The bill’s backers plan to make some modifications and expect to get the backing of the Senate next year, Rosenberg said.

California voters have repeatedly backed laws that strengthen privacy, Rosenberg said. “But now that we are in Trump 2.0, I think it is very much coming home to people what the actual dangers are of poor privacy practices,” she said.

California and other states are also litigating the issue. In July, California led a group of 20 states in filing a lawsuit demanding that the Department of Health and Human Services (HHS) stop sharing information that could be used by Immigration and Customs Enforcement to deport undocumented individuals. In August, a federal judge in California issued an injunction temporarily halting the practice.

In Vermont, state Rep. Monique Priestley (D) said she planned to introduce legislation next year similar to California’s Information Privacy Act with some modifications.
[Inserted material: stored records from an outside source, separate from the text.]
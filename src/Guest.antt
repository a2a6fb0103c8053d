-- ===== src/Guest.antt =====
-- The guest's kernel driver: guest-driver/GravityGPU/GravityGPUAccelerator.cpp.
pub mod Driver
pub mod Client
pub mod Handshake
pub mod Ping
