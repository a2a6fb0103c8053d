-- ===== src/Guest/Driver.antt =====
-- The driver's methods over the device's registers and the shared region. The kernel's own objects
-- are left out; `mapped` says whether the two windows of the device are mapped.
use gravity_gpu_project.Prelude.{
  ℕ, zero, suc, ◌+◌, ◌*◌, ◌/◌, ◌%◌, ◌^◌, Bool, true, false, Option, none, some, List, ◌++◌,
  if◌then◌else◌, not, ◌==◌, bit_and, bytes16, bytes32,
}
use gravity_gpu_project.Protocol.Opcode.{CmdOp, opcode}
use gravity_gpu_project.Protocol.Header.{header_size, cmd_init, header_bytes}
use gravity_gpu_project.Ring.Memory.{Shm, Ring}
use gravity_gpu_project.Ring.Setup.{attach}
use gravity_gpu_project.Ring.Command.{cmd_write}
use gravity_gpu_project.Ring.Completion.{ReadResult, received, comp_read}
use gravity_gpu_project.Ring.Region.{data_write}
use gravity_gpu_project.Device.State.{
  Device, address, reg_magic, reg_device_status, reg_guest_features, reg_guest_status, reg_doorbell,
  protocol_magic, device_ready,
}
use gravity_gpu_project.Device.Mmio.{mmio_read, mmio_write}
use gravity_gpu_project.Payload.System.{CmdHello, sizeof_hello}

-- the driver with what it sees: the device and the region behind its second window
pub record Guest : Type 0 where
  pub device : Device
  pub shm : Shm
  pub ring : Ring
  pub sequence : ℕ
  pub mapped : Bool

-- GRAVITY_GUEST_INIT, _READY and _ERROR
abbrev pub guest_init : ℕ
guest_init = 1

abbrev pub guest_ready : ℕ
guest_ready = 2

abbrev pub guest_error : ℕ
guest_error = 255

-- `probe`, by the vendor and the device of the configuration space
unfoldable pub probe : ℕ → ℕ → Bool
probe vendor device = if vendor == 0x1af4 then device == 0x10de else false

-- `mmioRead32` and `mmioWrite32`: an access of 32 bits at a multiple of four
unfoldable pub mmio_read32 : Guest → ℕ → ℕ
mmio_read32 g offset = if g.mapped then mmio_read g.device (offset / 4 * 4) 4 else 0

unfoldable pub mmio_write32 : Guest → ℕ → ℕ → Guest
mmio_write32 g offset value =
    let written = record g { device = mmio_write g.device (offset / 4 * 4) value 4 } in
    if g.mapped then written else g

-- `none` stands for the result -1; the doorbell rings for an accepted command.
unfoldable pub submit_command : Guest → List ℕ → Option Guest
unfolding mmio_write32
submit_command g cmd = elim (cmd_write g.ring g.shm cmd) [
  | none ↦ none
  | some shm ↦ some (mmio_write32 (record g { shm = shm }) (address reg_doorbell) 1)
]

unfoldable pub read_completion : Guest → List ℕ → ReadResult × List ℕ × Guest
read_completion g out_buf =
    let (result, buf, shm) = comp_read g.ring g.shm out_buf in (result, buf, record g { shm = shm })

-- `writeData`: the offset of the block
unfoldable pub write_data : Guest → List ℕ → Option (ℕ × Guest)
write_data g block = elim (data_write g.ring g.shm block) [
  | none ↦ none
  | some (offset, ring, shm) ↦ some (offset, record g { ring = ring; shm = shm })
]

-- `nextSequence`: the number, with the state that has counted it
unfoldable pub next_sequence : Guest → ℕ × Guest
next_sequence g = let n = (g.sequence + 1) % 2 ^ 32 in (n, record g { sequence = n })

-- `mapBARs`, with both windows there to be mapped: the magic of the device is compared.
unfoldable pub map_bars : Guest → Bool × Guest
unfolding mmio_read32
map_bars g =
    let opened = record g { mapped = true } in
    (mmio_read32 opened (address reg_magic) == protocol_magic, opened)

unfoldable pub unmap_bars : Guest → Guest
unmap_bars g = record g { mapped = false }

unfoldable pub initialize_device : Guest → Bool × Guest
unfolding mmio_read32 mmio_write32
initialize_device g =
    let status = mmio_read32 g (address reg_device_status) in
    if bit_and status device_ready == 0 then (false, g) else elim (attach g.shm) [
      | none ↦ (false, g)
      | some ring ↦
          (true, mmio_write32 (record g { ring = ring }) (address reg_guest_status) guest_init)
    ]

-- GRAVITY_FEAT_RING_BUFFER, _SHADER_MSL and _DISPLAY
abbrev pub our_features : ℕ
our_features = 2 ^ 0 + 2 ^ 1 + 2 ^ 6

unfoldable pub hello : ℕ → CmdHello
hello sequence = record {
  hdr = cmd_init (opcode CmdOp.hello) sizeof_hello sequence;
  magic = protocol_magic;
  version_major = 0;
  version_minor = 1;
  guest_features = our_features;
}

-- the bytes of a hello, with the four reserved words cleared
unfoldable pub hello_bytes : CmdHello → List ℕ
hello_bytes h =
    header_bytes h.hdr
    ++ (bytes32 h.magic
        ++ (bytes16 h.version_major
            ++ (bytes16 h.version_minor
                ++ (bytes32 h.guest_features
                    ++ (bytes32 0 ++ (bytes32 0 ++ (bytes32 0 ++ bytes32 0)))))))

-- whether `resp_size > 0`
abbrev pub is_received : ReadResult → Bool
is_received (received n) = not (n == 0)
is_received _ = false

-- The wait for the response, with `n` polls left: `delay` is what the host does meanwhile.
unfoldable pub wait_response : (Guest → Guest) → ℕ → Guest → List ℕ → Guest × List ℕ
unfolding read_completion
wait_response delay zero g buf = (g, buf)
wait_response delay (suc n) g buf =
    let (result, buf', g') = read_completion g buf in
    let rest = wait_response delay n (delay g') buf' in
    if is_received result then (g', buf') else rest

-- What follows the acceptance of the hello: whether a response has come makes no difference.
unfoldable pub greeted : (Guest → Guest) → List ℕ → Guest → Guest
unfolding wait_response mmio_write32
greeted delay buf g =
    let rung = mmio_write32 g (address reg_doorbell) 1 in
    mmio_write32 (wait_response delay 1000 rung buf).0 (address reg_guest_status) guest_ready

-- `negotiateFeatures`
unfoldable pub negotiate_features : (Guest → Guest) → List ℕ → Guest → Bool × Guest
unfolding submit_command greeted hello hello_bytes next_sequence mmio_write32
negotiate_features delay buf g =
    let told = mmio_write32 g (address reg_guest_features) our_features in
    let (n, counted) = next_sequence told in
    elim (submit_command counted (hello_bytes (hello n))) [
      | none ↦ (false, counted)
      | some sent ↦ (true, greeted delay buf sent)
    ]

-- `start`, once the kernel has given the driver its device
unfoldable pub start : (Guest → Guest) → List ℕ → Guest → Bool × Guest
unfolding map_bars unmap_bars initialize_device negotiate_features
start delay buf g =
    let (magic_ok, opened) = map_bars g in
    let (ready, attached) = initialize_device opened in
    let (agreed, greeted_guest) = negotiate_features delay buf attached in
    if not magic_ok
    then (false, opened)
    else if not ready
    then (false, unmap_bars attached)
    else if not agreed
    then (false, unmap_bars greeted_guest)
    else (true, greeted_guest)

-- `stop`: a goodbye that may be refused, and the status
unfoldable pub stop : Guest → Guest
unfolding submit_command next_sequence unmap_bars mmio_write32
stop g =
    let (n, counted) = next_sequence g in
    let goodbye = header_bytes (cmd_init (opcode CmdOp.goodbye) header_size n) in
    let said : Guest = elim (submit_command counted goodbye) [
      | none ↦ counted
      | some sent ↦ sent
    ] in
    unmap_bars (mmio_write32 said (address reg_guest_status) guest_error)
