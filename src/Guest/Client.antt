-- ===== src/Guest/Client.antt =====
-- The user client of the guest's driver (guest-driver/GravityGPU/GravityGPUUserClient.cpp), and the
-- ping of the test application (guest-userspace/main.cpp).
use gravity_gpu_project.Prelude.{
  ℕ, ◌%◌, ◌/◌, ◌^◌, Option, none, some, List, ◌++◌, if◌then◌else◌, ◌==◌, length, bytes16, bytes32,
}
use gravity_gpu_project.Guest.Driver.{Guest, submit_command}

-- `IOReturn`, by name
pub data IoReturn : Type 0 where
  success error bad_argument not_ready unsupported : IoReturn

unfoldable pub submitted_by : Guest → Option Guest → IoReturn × Guest
submitted_by g none = (error, g)
submitted_by g (some sent) = (success, sent)

-- `sSubmitCommand` with the bytes of the input, none for no structure; no provider is `none`.
unfoldable pub s_submit_command : Option Guest → List ℕ → IoReturn × Option Guest
unfolding submitted_by submit_command
s_submit_command none input = (not_ready, none)
s_submit_command (some g) input =
    let (result, g') = submitted_by g (submit_command g input) in
    if length input == 0 then (bad_argument, some g) else (result, some g')

-- `externalMethod`
unfoldable pub external_method : ℕ → Option Guest → List ℕ → IoReturn × Option Guest
unfolding s_submit_command
external_method selector provider input =
    if selector == 0 then s_submit_command provider input else (bad_argument, provider)

unfoldable pub bytes64 : ℕ → List ℕ
bytes64 n = bytes32 (n % 2 ^ 32) ++ bytes32 (n / 2 ^ 32)

-- `gravity_cmd_hdr_t` of the application: its size has 16 bits, and its flags follow the size.
unfoldable pub user_header_bytes : ℕ → ℕ → List ℕ
unfolding bytes64
user_header_bytes op size = bytes16 op ++ (bytes16 size ++ (bytes32 0 ++ bytes64 0))

-- the command that the application submits
unfoldable pub user_ping : List ℕ
unfolding user_header_bytes bytes64
user_ping = user_header_bytes 0x0003 32 ++ (bytes64 0xdeadbeef ++ bytes64 0)
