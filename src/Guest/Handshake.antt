-- ===== src/Guest/Handshake.antt =====
-- The first exchange of the guest's driver and the daemon, over one region.
use mathlib.Core.Option
use mathlib.Core.Option.{some-injective}
use gravity_gpu_project.Prelude.{
  ℕ, ◌^◌, ◌≤◌, ◌<◌, ◌≡◌, refl, ap, ◌∙◌, sym, some, List, [], ◌++◌, length, drop, load16, load32,
  arith, inl, inr, Option-cases, none_ne_some,
}
use mathlib.Core.List.{append-nil}
use gravity_gpu_project.Protocol.Opcode.{opcode, CmdOp}
use gravity_gpu_project.Protocol.Header.{cmd_init, header_bytes}
use gravity_gpu_project.Ring.Memory.{Shm, Ring}
use gravity_gpu_project.Ring.Command.{cmd_write}
use gravity_gpu_project.Ring.Completion.{received, comp_read}
use gravity_gpu_project.Ring.Queue.{offer, submit}
use gravity_gpu_project.Ring.Valid.{IsValid, cmd_queue, comp_queue}
use gravity_gpu_project.Ring.Fifo.{cmd_write_refines, cmd_write-IsValid}
use gravity_gpu_project.Ring.Reply.{comp_read-front}
use gravity_gpu_project.Vulkan.Calls.{Vulkan}
use gravity_gpu_project.Vulkan.State.{VkState}
use gravity_gpu_project.Commands.Host.{Host, Machine}
use gravity_gpu_project.Daemon.Dispatch.{hello_response, hello_response_bytes}
use gravity_gpu_project.Daemon.Loop.{Daemon, cmd_buf_size, poll}
use gravity_gpu_project.Daemon.Poll.{IsFramed, poll-front}
use gravity_gpu_project.Daemon.Answer.{offered, poll-hello}
use gravity_gpu_project.Guest.Driver.{hello, hello_bytes}

hello-IsFramed : (n : ℕ) → IsFramed (hello_bytes (hello n))
unfolding hello_bytes hello header_bytes cmd_init opcode
hello-IsFramed n = record { long = omega arith; short = omega arith; framed = refl }

hello_opcode : (n : ℕ) → load16 (hello_bytes (hello n)) 0 ≡ opcode CmdOp.hello
unfolding hello_bytes hello header_bytes cmd_init opcode
hello_opcode n = refl

hello_sequence : (n : ℕ) → n < 2 ^ 32 → load32 (hello_bytes (hello n)) 8 ≡ n
unfolding hello_bytes hello header_bytes cmd_init
hello_sequence n small = omega arith

length-hello : (n : ℕ) → length (hello_bytes (hello n)) ≡ 44
unfolding hello_bytes hello header_bytes cmd_init
length-hello n = refl

length_response : (n : ℕ) → length (hello_response_bytes (hello_response n)) ≡ 56
unfolding hello_response_bytes hello_response header_bytes cmd_init
length_response n = refl

response_size : (n : ℕ) → load32 (hello_response_bytes (hello_response n)) 4 ≡ 56
unfolding hello_response_bytes hello_response header_bytes cmd_init
response_size n = refl

submit_first :
    (size : ℕ) (src : List ℕ) → length src ≡ 44 → 88 ≤ size → submit size [] src ≡ some src
unfolding submit offer
submit_first size src short room = ground arith

offered_first : (size : ℕ) (src : List ℕ) → length src ≡ 56 → 56 < size → offered size [] src ≡ src
unfolding offer
offered_first size src short room = ground arith

-- into an empty command queue
hello_sent :
    {ring : Ring} {shm : Shm} (v : IsValid ring shm) (n : ℕ)
    → cmd_queue ring shm ≡ []
    → 88 ≤ ring.cmd_ring_size
    → (shm' : Shm) × (cmd_write ring shm (hello_bytes (hello n)) ≡ some shm')
      × (cmd_queue ring shm' ≡ hello_bytes (hello n))
hello_sent {ring} {shm} v n quiet room =
    let src = hello_bytes (hello n) in
    let promised : Option.map (cmd_queue ring) (cmd_write ring shm src) ≡ some src =
      cmd_write_refines v src
      ∙ ap (λ q. submit ring.cmd_ring_size q src) quiet
      ∙ submit_first ring.cmd_ring_size src (length-hello n) room in
    elim (Option-cases (cmd_write ring shm src)) [
      | inl e ↦ absurd (none_ne_some (sym (ap (Option.map (cmd_queue ring)) e) ∙ promised))
      | inr (shm', e) ↦
          (shm', e, some-injective _ _ (sym (ap (Option.map (cmd_queue ring)) e) ∙ promised))
    ]

-- In a valid region with both queues empty, with a command ring of at least 88 bytes and a
-- completion ring of more than 56: the hello that the driver sends is accepted, one round of the
-- daemon's loop answers it, and the driver's read gives exactly the response with the hello's
-- sequence number.
pub handshake :
    (vulkan : Vulkan) (machine : Machine) (vk : VkState) (ring : Ring) {shm : Shm}
    (v : IsValid ring shm) (n : ℕ) (host : Host) (cmd_buf buf : List ℕ)
    → n < 2 ^ 32
    → cmd_queue ring shm ≡ []
    → comp_queue ring shm ≡ []
    → 88 ≤ ring.cmd_ring_size
    → 56 < ring.comp_ring_size
    → length cmd_buf ≡ cmd_buf_size
    → 56 ≤ length buf
    → (shm₁ : Shm) × (d : Daemon) × (cmd_write ring shm (hello_bytes (hello n)) ≡ some shm₁)
      × (poll vulkan machine vk ring
            (record { shm = shm₁; host = host; cmd_buf = cmd_buf; total_cmds = 0 })
          ≡ some d)
      × ((comp_read ring d.shm buf).0 ≡ received 56)
      × ((comp_read ring d.shm buf).1 ≡ hello_response_bytes (hello_response n) ++ drop 56 buf)
unfolding opcode
handshake vulkan machine vk ring v n host cmd_buf buf small cq rq room comp_room full fits =
    let src = hello_bytes (hello n) in
    let (shm₁, sent, queued) = hello_sent v n cq room in
    let (v₁, unread, _) = cmd_write-IsValid v src sent in
    let d₁ : Daemon = record { shm = shm₁; host = host; cmd_buf = cmd_buf; total_cmds = 0 } in
    let e₁ = queued ∙ sym (append-nil src) in
    let f = hello-IsFramed n in
    let (d, step, _, answered, _) =
      poll-hello vulkan machine vk ring d₁ v₁ full src [] e₁ f (hello_opcode n) in
    let (v₂, _, _, _) =
      poll-front vulkan machine vk d₁ v₁ full src [] e₁ f (omega (arith, hello_opcode n)) step in
    let answer = hello_response_bytes (hello_response n) in
    let waiting : comp_queue ring d.shm ≡ answer ++ [] =
      answered
      ∙ ap
          (λ s.
            offered ring.comp_ring_size (comp_queue ring shm₁)
              (hello_response_bytes (hello_response s)))
          (hello_sequence n small)
      ∙ ap (λ q. offered ring.comp_ring_size q answer) (unread ∙ rq)
      ∙ offered_first ring.comp_ring_size answer (length_response n) comp_room
      ∙ sym (append-nil answer) in
    let (got, bytes, _, _, _) =
      comp_read-front v₂ answer [] buf waiting (omega (arith, length_response n))
        (omega (arith, length_response n, fits)) (response_size n ∙ sym (length_response n)) in
    (
      shm₁,
      d,
      sent,
      step,
      got ∙ ap received (length_response n),
      bytes ∙ ap (λ k. answer ++ drop k buf) (length_response n),
    )
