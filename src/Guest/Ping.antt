-- ===== src/Guest/Ping.antt =====
-- What the daemon does with the ping of the guest's test application (guest-userspace/main.cpp).
use gravity_gpu_project.Prelude.{
  ℕ, ◌<◌, ◌≡◌, refl, ap, ◌∙◌, subst, false, Option, none, some, List, ◌++◌, length, drop, load32,
  arith, length-append, length-drop,
}
use mathlib.Core.List.{append_assoc}
use gravity_gpu_project.Protocol.Header.{header_size, load_header, cmd_validate}
use gravity_gpu_project.Ring.Memory.{Ring}
use gravity_gpu_project.Ring.Command.{cmd_consume}
use gravity_gpu_project.Ring.Valid.{IsValid, cmd_queue, comp_queue}
use gravity_gpu_project.Ring.Fifo.{cmd_peek-small, cmd_consume-front}
use gravity_gpu_project.Vulkan.Calls.{Vulkan}
use gravity_gpu_project.Vulkan.State.{VkState}
use gravity_gpu_project.Commands.Host.{Machine}
use gravity_gpu_project.Daemon.Loop.{Daemon, cmd_buf_size, poll, polls}
use gravity_gpu_project.Daemon.Poll.{load32-append, buffered}
use gravity_gpu_project.Guest.Client.{user_ping, user_header_bytes, bytes64}

-- Sixteen bytes whose size field is less than a header.
record IsUndersized (cmd : List ℕ) : Type 0 where
  long : length cmd ≡ header_size
  small : load32 cmd 4 < header_size

-- Nothing but the command queue and the buffer has changed.
record Dropped (ring : Ring) (d d' : Daemon) : Type 0 where
  valid : IsValid ring d'.shm
  completions : comp_queue ring d'.shm ≡ comp_queue ring d.shm
  host : d'.host ≡ d.host
  total : d'.total_cmds ≡ d.total_cmds
  full : length d'.cmd_buf ≡ cmd_buf_size

module _ (cmd buf : List ℕ) (u : IsUndersized cmd) (full : length buf ≡ cmd_buf_size) where
  length-bytes : length (buffered cmd buf) ≡ cmd_buf_size
  length-bytes =
      omega (
        arith,
        length-append cmd (drop (length cmd) buf),
        length-drop (length cmd) buf,
        u.long,
        full,
      )

  refused : cmd_validate (load_header (buffered cmd buf)) (length (buffered cmd buf)) ≡ false
  unfolding cmd_validate load_header
  refused =
      let size = load32-append cmd (drop (length cmd) buf) 4 (omega (arith, u.long)) in
      ground (arith, length-bytes, size, u.small)

module _ (vulkan : Vulkan) (machine : Machine) (vk : VkState) (ring : Ring) where
  poll-undersized :
      (d : Daemon) (cmd rest : List ℕ)
      → IsValid ring d.shm
      → length d.cmd_buf ≡ cmd_buf_size
      → IsUndersized cmd
      → cmd_queue ring d.shm ≡ cmd ++ rest
      → (d' : Daemon) × (poll vulkan machine vk ring d ≡ some d')
        × Dropped ring d d'
        × (cmd_queue ring d'.shm ≡ rest)
  unfolding poll
  poll-undersized d cmd rest v full u e =
      let peeked = cmd_peek-small v cmd rest d.cmd_buf e u.long (omega (arith, full)) u.small in
      let (v', front, comp) =
        subst
          (λ n.
            let shm' = cmd_consume ring d.shm n in
            IsValid ring shm'
            × (cmd_queue ring shm' ≡ rest)
            × (comp_queue ring shm' ≡ comp_queue ring d.shm))
          u.long (cmd_consume-front v cmd rest e) in
      (
        record d { shm = cmd_consume ring d.shm header_size; cmd_buf = buffered cmd d.cmd_buf },
        rw (peeked, refused cmd d.cmd_buf u full) refl,
        record {
          valid = v';
          completions = comp;
          host = refl;
          total = refl;
          full = length-bytes cmd d.cmd_buf u full;
        },
        front,
      )

  twice :
      (d d₁ d₂ : Daemon)
      → poll vulkan machine vk ring d ≡ some d₁
      → poll vulkan machine vk ring d₁ ≡ some d₂
      → polls vulkan machine vk ring 2 d ≡ some d₂
  unfolding polls
  twice d d₁ d₂ e₁ e₂ =
      ap
        (λ (r : Option Daemon). elim r [
          | none ↦ none
          | some d' ↦ polls vulkan machine vk ring 1 d'
        ])
        e₁
      ∙ ap (λ (r : Option Daemon). elim r [ none ↦ none | some d' ↦ some d' ]) e₂

  -- In a valid region whose command queue starts with the ping of the test application, whose
  -- header is not laid out like a command's, two rounds of the daemon's loop throw its 32 bytes
  -- away: no handler runs, no completion is sent and nothing is counted.
  pub ping-dropped :
      (d : Daemon) (rest : List ℕ)
      → IsValid ring d.shm
      → length d.cmd_buf ≡ cmd_buf_size
      → cmd_queue ring d.shm ≡ user_ping ++ rest
      → (d' : Daemon) × (polls vulkan machine vk ring 2 d ≡ some d')
        × IsValid ring d'.shm
        × (cmd_queue ring d'.shm ≡ rest)
        × (comp_queue ring d'.shm ≡ comp_queue ring d.shm)
        × (d'.host ≡ d.host)
        × (d'.total_cmds ≡ d.total_cmds)
  unfolding user_ping user_header_bytes bytes64
  ping-dropped d rest v full e =
      let first = user_header_bytes 0x0003 32 in
      let second = bytes64 0xdeadbeef ++ bytes64 0 in
      let (d₁, e₁, k₁, q₁) =
        poll-undersized d first (second ++ rest) v full
          (record { long = refl; small = omega arith }) (e ∙ append_assoc first second rest) in
      let (d₂, e₂, k₂, q₂) =
        poll-undersized d₁ second rest k₁.valid k₁.full
          (record { long = refl; small = omega arith }) q₁ in
      (
        d₂,
        twice d d₁ d₂ e₁ e₂,
        k₂.valid,
        q₂,
        k₂.completions ∙ k₁.completions,
        k₂.host ∙ k₁.host,
        k₂.total ∙ k₁.total,
      )
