-- ===== src/Payload.antt =====
-- The payloads of the commands, each read from the bytes of the command buffer at the offsets of its
-- packed struct: protocol/include/gravity_protocol.h.
pub mod Load
pub mod System
pub mod Create
pub mod Pipeline
pub mod Pass
pub mod Render
pub mod Encode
Priestley, who led an effort last year to pass a privacy bill in her state that cleared the legislature but was vetoed by Gov. Phil Scott (R), said in an interview that protecting individuals’ data from commercial entities alone is not enough because government entities also collect significant personal data.

In Connecticut, State Sen. James Maroney (D), who has championed the state’s data privacy legislation, said some lawmakers are interested in extending such protections for data held by government agencies.

“The government does have a lot of sensitive data about our constituents, so I think it’s important for us as states to look at our policies regarding that data and potentially pass laws to strengthen privacy protections,” Maroney said in an interview.